===== DATASET EXCERPTS =====

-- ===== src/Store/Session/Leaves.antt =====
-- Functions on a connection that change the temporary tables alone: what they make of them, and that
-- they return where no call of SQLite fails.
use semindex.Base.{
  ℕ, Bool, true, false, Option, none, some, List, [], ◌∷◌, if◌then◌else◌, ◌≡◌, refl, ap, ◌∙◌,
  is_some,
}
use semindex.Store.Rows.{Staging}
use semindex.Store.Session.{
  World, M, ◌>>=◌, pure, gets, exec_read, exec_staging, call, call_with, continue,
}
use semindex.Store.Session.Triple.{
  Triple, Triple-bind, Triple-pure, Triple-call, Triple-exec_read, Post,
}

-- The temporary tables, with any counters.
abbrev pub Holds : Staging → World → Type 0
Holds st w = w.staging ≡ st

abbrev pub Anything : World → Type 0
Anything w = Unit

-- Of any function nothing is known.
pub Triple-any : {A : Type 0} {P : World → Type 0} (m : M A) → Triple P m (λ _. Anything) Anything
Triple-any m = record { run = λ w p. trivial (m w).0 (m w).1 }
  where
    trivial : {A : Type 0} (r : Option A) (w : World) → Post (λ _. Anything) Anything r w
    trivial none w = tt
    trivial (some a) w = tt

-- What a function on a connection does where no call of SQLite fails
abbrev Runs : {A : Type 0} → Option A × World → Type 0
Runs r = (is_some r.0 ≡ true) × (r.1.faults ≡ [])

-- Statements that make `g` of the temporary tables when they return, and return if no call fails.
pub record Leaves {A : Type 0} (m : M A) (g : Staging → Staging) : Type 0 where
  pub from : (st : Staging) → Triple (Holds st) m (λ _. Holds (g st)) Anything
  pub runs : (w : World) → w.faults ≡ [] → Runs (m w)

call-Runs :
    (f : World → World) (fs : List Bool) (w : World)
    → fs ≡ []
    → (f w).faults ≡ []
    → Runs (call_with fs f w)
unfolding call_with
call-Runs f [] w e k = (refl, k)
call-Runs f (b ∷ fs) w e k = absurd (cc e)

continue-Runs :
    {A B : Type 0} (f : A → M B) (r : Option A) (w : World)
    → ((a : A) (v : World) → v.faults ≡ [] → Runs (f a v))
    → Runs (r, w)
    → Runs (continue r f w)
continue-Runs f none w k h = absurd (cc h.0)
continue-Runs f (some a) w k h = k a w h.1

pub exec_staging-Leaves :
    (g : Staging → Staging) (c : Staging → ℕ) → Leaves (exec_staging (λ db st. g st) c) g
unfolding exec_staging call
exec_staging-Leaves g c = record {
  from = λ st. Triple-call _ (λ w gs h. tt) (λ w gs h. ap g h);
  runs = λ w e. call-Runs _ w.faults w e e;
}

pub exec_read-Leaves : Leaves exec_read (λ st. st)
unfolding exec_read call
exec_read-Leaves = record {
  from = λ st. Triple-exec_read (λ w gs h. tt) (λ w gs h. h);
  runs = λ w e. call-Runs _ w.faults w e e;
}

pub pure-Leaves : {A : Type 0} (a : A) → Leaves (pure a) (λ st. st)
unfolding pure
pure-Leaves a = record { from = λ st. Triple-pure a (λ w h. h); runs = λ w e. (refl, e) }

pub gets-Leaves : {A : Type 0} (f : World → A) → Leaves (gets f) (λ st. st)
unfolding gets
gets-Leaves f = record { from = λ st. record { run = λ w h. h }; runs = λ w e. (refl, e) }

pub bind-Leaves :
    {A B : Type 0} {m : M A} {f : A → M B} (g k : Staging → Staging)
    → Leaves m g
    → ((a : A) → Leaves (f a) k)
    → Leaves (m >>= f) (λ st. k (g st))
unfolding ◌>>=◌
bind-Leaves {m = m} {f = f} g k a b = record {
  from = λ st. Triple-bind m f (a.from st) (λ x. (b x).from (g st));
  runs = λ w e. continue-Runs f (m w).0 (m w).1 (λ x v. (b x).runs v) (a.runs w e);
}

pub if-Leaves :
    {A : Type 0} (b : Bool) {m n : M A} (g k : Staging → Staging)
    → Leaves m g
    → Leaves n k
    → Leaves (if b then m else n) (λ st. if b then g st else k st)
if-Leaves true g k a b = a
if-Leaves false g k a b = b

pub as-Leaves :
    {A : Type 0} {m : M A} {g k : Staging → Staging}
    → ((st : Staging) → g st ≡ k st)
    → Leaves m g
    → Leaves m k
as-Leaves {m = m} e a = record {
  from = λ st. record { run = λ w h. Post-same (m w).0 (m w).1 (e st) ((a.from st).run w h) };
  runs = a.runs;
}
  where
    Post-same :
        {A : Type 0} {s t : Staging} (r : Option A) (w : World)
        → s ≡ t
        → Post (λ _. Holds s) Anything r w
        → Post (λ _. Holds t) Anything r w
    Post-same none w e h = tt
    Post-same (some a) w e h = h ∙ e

=====

## WHAT TO PRODUCE
Your answer should be the full set of records above, restated exactly.

## RESULT OF THIS EXERCISE
-- ===== src/Store/Session/Leaves.antt =====
-- Functions on a connection that change the temporary tables alone: what they make of them, and that
-- they return where no call of SQLite fails.
use semindex.Base.{
  ℕ, Bool, true, false, Option, none, some, List, [], ◌∷◌, if◌then◌else◌, ◌≡◌, refl, ap, ◌∙◌,
  is_some,
}
use semindex.Store.Rows.{Staging}
use semindex.Store.Session.{
  World, M, ◌>>=◌, pure, gets, exec_read, exec_staging, call, call_with, continue,
}
use semindex.Store.Session.Triple.{
  Triple, Triple-bind, Triple-pure, Triple-call, Triple-exec_read, Post,
}

-- The temporary tables, with any counters.
abbrev pub Holds : Staging → World → Type 0
Holds st w = w.staging ≡ st

abbrev pub Anything : World → Type 0
Anything w = Unit

-- Of any function nothing is known.
pub Triple-any : {A : Type 0} {P : World → Type 0} (m : M A) → Triple P m (λ _. Anything) Anything
Triple-any m = record { run = λ w p. trivial (m w).0 (m w).1 }
  where
    trivial : {A : Type 0} (r : Option A) (w : World) → Post (λ _. Anything) Anything r w
    trivial none w = tt
    trivial (some a) w = tt

-- What a function on a connection does where no call of SQLite fails
abbrev Runs : {A : Type 0} → Option A × World → Type 0
Runs r = (is_some r.0 ≡ true) × (r.1.faults ≡ [])

-- Statements that make `g` of the temporary tables when they return, and return if no call fails.
pub record Leaves {A : Type 0} (m : M A) (g : Staging → Staging) : Type 0 where
  pub from : (st : Staging) → Triple (Holds st) m (λ _. Holds (g st)) Anything
  pub runs : (w : World) → w.faults ≡ [] → Runs (m w)

call-Runs :
    (f : World → World) (fs : List Bool) (w : World)
    → fs ≡ []
    → (f w).faults ≡ []
    → Runs (call_with fs f w)
unfolding call_with
call-Runs f [] w e k = (refl, k)
call-Runs f (b ∷ fs) w e k = absurd (cc e)

continue-Runs :
    {A B : Type 0} (f : A → M B) (r : Option A) (w : World)
    → ((a : A) (v : World) → v.faults ≡ [] → Runs (f a v))
    → Runs (r, w)
    → Runs (continue r f w)
continue-Runs f none w k h = absurd (cc h.0)
continue-Runs f (some a) w k h = k a w h.1

pub exec_staging-Leaves :
    (g : Staging → Staging) (c : Staging → ℕ) → Leaves (exec_staging (λ db st. g st) c) g
unfolding exec_staging call
exec_staging-Leaves g c = record {
  from = λ st. Triple-call _ (λ w gs h. tt) (λ w gs h. ap g h);
  runs = λ w e. call-Runs _ w.faults w e e;
}

pub exec_read-Leaves : Leaves exec_read (λ st. st)
unfolding exec_read call
exec_read-Leaves = record {
  from = λ st. Triple-exec_read (λ w gs h. tt) (λ w gs h. h);
  runs = λ w e. call-Runs _ w.faults w e e;
}

pub pure-Leaves : {A : Type 0} (a : A) → Leaves (pure a) (λ st. st)
unfolding pure
pure-Leaves a = record { from = λ st. Triple-pure a (λ w h. h); runs = λ w e. (refl, e) }

pub gets-Leaves : {A : Type 0} (f : World → A) → Leaves (gets f) (λ st. st)
unfolding gets
gets-Leaves f = record { from = λ st. record { run = λ w h. h }; runs = λ w e. (refl, e) }

pub bind-Leaves :
    {A B : Type 0} {m : M A} {f : A → M B} (g k : Staging → Staging)
    → Leaves m g
    → ((a : A) → Leaves (f a) k)
    → Leaves (m >>= f) (λ st. k (g st))
unfolding ◌>>=◌
bind-Leaves {m = m} {f = f} g k a b = record {
  from = λ st. Triple-bind m f (a.from st) (λ x. (b x).from (g st));
  runs = λ w e. continue-Runs f (m w).0 (m w).1 (λ x v. (b x).runs v) (a.runs w e);
}

pub if-Leaves :
    {A : Type 0} (b : Bool) {m n : M A} (g k : Staging → Staging)
    → Leaves m g
    → Leaves n k
    → Leaves (if b then m else n) (λ st. if b then g st else k st)
if-Leaves true g k a b = a
if-Leaves false g k a b = b

pub as-Leaves :
    {A : Type 0} {m : M A} {g k : Staging → Staging}
    → ((st : Staging) → g st ≡ k st)
    → Leaves m g
    → Leaves m k
as-Leaves {m = m} e a = record {
  from = λ st. record { run = λ w h. Post-same (m w).0 (m w).1 (e st) ((a.from st).run w h) };
  runs = a.runs;
}
  where
    Post-same :
        {A : Type 0} {s t : Staging} (r : Option A) (w : World)
        → s ≡ t
        → Post (λ _. Holds s) Anything r w
        → Post (λ _. Holds t) Anything r w
    Post-same none w e h = tt
    Post-same (some a) w e h = h ∙ e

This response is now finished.